:: YOUR OBJECTIVE ::
Give again the lines of the data from its first line through the line with "(front ++ wire)". Change nothing.

★ ★ ★ ★ ★ ★ ★

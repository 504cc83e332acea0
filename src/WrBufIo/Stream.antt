-- ===== src/WrBufIo/Stream.antt =====
-- `send_wrbuffer` moves a first part of the pending bytes to the wire, and nothing else.
use smtp_course_work.Base.{
  ℕ, ◌+◌, ◌-◌, ◌≤◌, ◌≡◌, refl, sym, ap, ◌∙◌, true, false, Option, none, some, List, [], ◌∷◌, ◌++◌,
  append_assoc, arith, done, abort, Bytes, length, take, drop, length-take, length-drop,
  length-append, Bool-cases, List-cases, inl, inr, ◌==◌, dec_lt, Option-cases, if◌then◌else◌,
}
use smtp_course_work.Stailq.{Stailq, head_of}
use smtp_course_work.WrBuffer.{WrBuffer, is_wrbuffer_empty, wrbuffer_remained, wrbuffer_shift}
use smtp_course_work.WrBuffer.Pending.{
  pending, IsReady, wrbuffer_remained_lem, wrbuffer_start_lem, shift_partial, shift_whole,
}
use smtp_course_work.Kernel.{Call, returns, waits, aborts, SendReply, took, eintr, eagain, broken}
use smtp_course_work.Fd.{safe_send}
use smtp_course_work.WrBufIo.{Flushed, stop, offer, send_rounds, send_wrbuffer}

-- A count that is returned is what went out beyond the count at the start.
abbrev pub Counts : ℕ → Call (Option ℕ) → Bytes → Type 0
Counts total (returns (some n)) wire = n ≡ total + length wire
Counts total (returns none) wire = Unit
Counts total waits wire = Unit
Counts total aborts wire = ⊥

Counts-step :
    (total n : ℕ) (front wire : Bytes) (r : Call (Option ℕ))
    → length front ≡ n
    → Counts (total + n) r wire
    → Counts total r (front ++ wire)
Counts-step total n front wire (returns (some m)) e h = omega (arith, length-append front wire)
Counts-step total n front wire (returns none) e h = tt
Counts-step total n front wire waits e h = tt
Counts-step total n front wire aborts e h = h

safe_send-le : (r : SendReply) (len n : ℕ) → safe_send r len ≡ some n → n ≤ len
unfolding safe_send
safe_send-le (took k) len n h = ground arith
safe_send-le eintr len n h = ground arith
safe_send-le eagain len n h = ground arith
safe_send-le broken len n h = ground arith

module _ (sq : Stailq Bytes) where
  open sq use {view, first, remove_head, first_lem}

  -- what a run from `b` has done
  pub record Streams (total : ℕ) (b : WrBuffer sq) (f : Flushed sq) : Type 0 where
    pub prefix : pending sq b ≡ f.wire ++ pending sq f.buffer
    pub ready : IsReady sq f.buffer
    pub counts : Counts total f.result f.wire

  stop-Streams :
      (total : ℕ) (b : WrBuffer sq) (r : Call (Option ℕ))
      → IsReady sq b
      → Counts total r []
      → Streams total b (stop sq r b)
  stop-Streams total b r v c = record { prefix = refl; ready = v; counts = c }

  empty_iff : (b : WrBuffer sq) → view b.queue ≡ [] → is_wrbuffer_empty sq b ≡ true
  unfolding is_wrbuffer_empty
  empty_iff b e = rw (first_lem b.queue ∙ ap head_of e, is_wrbuffer_empty)

  not_empty :
      (b : WrBuffer sq) (s : Bytes) (r : List Bytes)
      → view b.queue ≡ s ∷ r
      → is_wrbuffer_empty sq b ≡ false
  unfolding is_wrbuffer_empty
  not_empty b s r e = rw (first_lem b.queue ∙ ap head_of e, is_wrbuffer_empty)

  offer_lem :
      (b : WrBuffer sq) (s : Bytes) (r : List Bytes)
      → view b.queue ≡ s ∷ r
      → IsReady sq b
      → offer sq b ≡ done (length s - b.pos, s, b.pos)
  unfolding offer
  offer_lem b s r e v =
      rw (wrbuffer_remained_lem sq b s r e v, wrbuffer_start_lem sq b s r e v, offer)

  offer_abort : (b : WrBuffer sq) (r : List Bytes) → view b.queue ≡ [] ∷ r → offer sq b ≡ abort
  unfolding offer wrbuffer_remained
  offer_abort b r e = rw (first_lem b.queue ∙ ap head_of e, offer, wrbuffer_remained) (ground arith)

  -- The part of a round after `nsent` bytes, some of them, have gone out.
  after_send : List SendReply → ℕ → WrBuffer sq → ℕ → ℕ → Bytes → Flushed sq
  unfolding send_rounds
  after_send rs total b to_send nsent front = elim (wrbuffer_shift sq b nsent) [
    | abort ↦ record { result = aborts; buffer = b; wire = front }
    | done (freed, b') ↦
        let next = send_rounds sq rs (total + nsent) b' in
        if nsent == to_send
        then record next { wire = front ++ next.wire }
        else record { result = returns (some (total + nsent)); buffer = b'; wire = front }
  ]

  moved :
      (rs : List SendReply) (total : ℕ) (b : WrBuffer sq) (s : Bytes) (r : List Bytes)
      → view b.queue ≡ s ∷ r
      → IsReady sq b
      → (n : ℕ) → n ≤ length s - b.pos
      → ((t : ℕ) (b' : WrBuffer sq) → IsReady sq b' → Streams t b' (send_rounds sq rs t b'))
      → Streams total b (after_send rs total b (length s - b.pos) n (take n (drop b.pos s)))
  unfolding after_send
  moved rs total b s r e v n le ih = elim (dec_lt n (length s - b.pos)) [
    | yes less ↦
        let p = shift_partial sq b s r e v n less in
        let ne : (n == (length s - b.pos)) ≡ false = ground arith in
        rw (p.0, after_send, ne)
          (record { prefix = p.1; ready = p.2; counts = omega (arith, length_front) })
    | no all ↦
        let eq : n ≡ length s - b.pos = omega arith in
        let p = shift_whole sq b s r e v n eq in
        let same : (n == (length s - b.pos)) ≡ true = ground arith in
        let b' : WrBuffer sq = record { queue = remove_head b.queue; pos = 0 } in
        let next = ih (total + n) b' p.2 in
        rw (p.0, after_send, same)
          (record {
            prefix =
                p.1
                ∙ ap (λ t. front ++ t) next.prefix
                ∙ sym (
                    append_assoc front (send_rounds sq rs (total + n) b').wire
                      (pending sq (send_rounds sq rs (total + n) b').buffer));
            ready = next.ready;
            counts =
                Counts-step total n front (send_rounds sq rs (total + n) b').wire
                  (send_rounds sq rs (total + n) b').result length_front next.counts;
          })
  ]
    where
      front : Bytes
      front = take n (drop b.pos s)

      length_front : length front ≡ n
      length_front = omega (arith, length-take n (drop b.pos s), length-drop b.pos s)

  send_rounds-Streams :
      (replies : List SendReply) (total : ℕ) (b : WrBuffer sq)
      → IsReady sq b
      → Streams total b (send_rounds sq replies total b)
  unfolding send_rounds after_send
  send_rounds-Streams [] total b v = elim (List-cases (view b.queue)) [
    | inl e ↦ rw (empty_iff b e) (stop-Streams total b (returns (some total)) v (omega arith))
    | inr (s, r, e) ↦ rw (not_empty b s r e, offer_lem b s r e v) (stop-Streams total b waits v tt)
  ]
  send_rounds-Streams (a ∷ as') total b v = elim (List-cases (view b.queue)) [
    | inl e ↦ rw (empty_iff b e) (stop-Streams total b (returns (some total)) v (omega arith))
    | inr (s, r, e) ↦
        rw (not_empty b s r e, offer_lem b s r e v)
          (elim (Option-cases (safe_send a (length s - b.pos))) [
            | inl failed ↦ rw failed (stop-Streams total b (returns none) v tt)
            | inr (n, sent) ↦ rw sent (elim (Bool-cases (n == 0)) [
              | inl nothing ↦
                  rw nothing (stop-Streams total b (returns (some total)) v (omega arith))
              | inr more ↦ rw more (
                  moved as' total b s r e v n (safe_send-le a (length s - b.pos) n sent)
                    (λ t b' v'. send_rounds-Streams as' t b' v'))
            ])
          ])
  ]

  -- From a ready buffer, one in which no string is empty, `send_wrbuffer` never stops the process,
  -- whatever the kernel answers: what was pending is what goes out followed by what is still
  -- pending, the buffer stays ready, and a count that is returned is the number of bytes that went
  -- out.
  pub send_wrbuffer-Streams :
      (replies : List SendReply) (b : WrBuffer sq)
      → IsReady sq b
      → Streams 0 b (send_wrbuffer sq replies b)
  unfolding send_wrbuffer
  send_wrbuffer-Streams replies b v = send_rounds-Streams replies 0 b v

  -- If the head of the queue is the empty string, `send_wrbuffer` stops the process by the assertion
  -- of `wrbuffer_remained`, before it sends anything.
  pub send_wrbuffer_empty_head :
      (replies : List SendReply) (b : WrBuffer sq) (r : List Bytes)
      → view b.queue ≡ [] ∷ r
      → ((send_wrbuffer sq replies b).result ≡ aborts) × ((send_wrbuffer sq replies b).wire ≡ [])
  unfolding send_wrbuffer send_rounds
  send_wrbuffer_empty_head [] b r e = rw (not_empty b [] r e, offer_abort b r e) (refl, refl)
  send_wrbuffer_empty_head (a ∷ as') b r e = rw (not_empty b [] r e, offer_abort b r e) (refl, refl)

★ ★ ★ ★ ★ ★ ★

:: PROBLEM SOLUTION ::
repository 504cc83e332acea0
filename src/WrBufIo/Stream.antt
-- ===== src/WrBufIo/Stream.antt =====
-- `send_wrbuffer` moves a first part of the pending bytes to the wire, and nothing else.
use smtp_course_work.Base.{
  ℕ, ◌+◌, ◌-◌, ◌≤◌, ◌≡◌, refl, sym, ap, ◌∙◌, true, false, Option, none, some, List, [], ◌∷◌, ◌++◌,
  append_assoc, arith, done, abort, Bytes, length, take, drop, length-take, length-drop,
  length-append, Bool-cases, List-cases, inl, inr, ◌==◌, dec_lt, Option-cases, if◌then◌else◌,
}
use smtp_course_work.Stailq.{Stailq, head_of}
use smtp_course_work.WrBuffer.{WrBuffer, is_wrbuffer_empty, wrbuffer_remained, wrbuffer_shift}
use smtp_course_work.WrBuffer.Pending.{
  pending, IsReady, wrbuffer_remained_lem, wrbuffer_start_lem, shift_partial, shift_whole,
}
use smtp_course_work.Kernel.{Call, returns, waits, aborts, SendReply, took, eintr, eagain, broken}
use smtp_course_work.Fd.{safe_send}
use smtp_course_work.WrBufIo.{Flushed, stop, offer, send_rounds, send_wrbuffer}

-- A count that is returned is what went out beyond the count at the start.
abbrev pub Counts : ℕ → Call (Option ℕ) → Bytes → Type 0
Counts total (returns (some n)) wire = n ≡ total + length wire
Counts total (returns none) wire = Unit
Counts total waits wire = Unit
Counts total aborts wire = ⊥

Counts-step :
    (total n : ℕ) (front wire : Bytes) (r : Call (Option ℕ))
    → length front ≡ n
    → Counts (total + n) r wire
    → Counts total r (front ++ wire)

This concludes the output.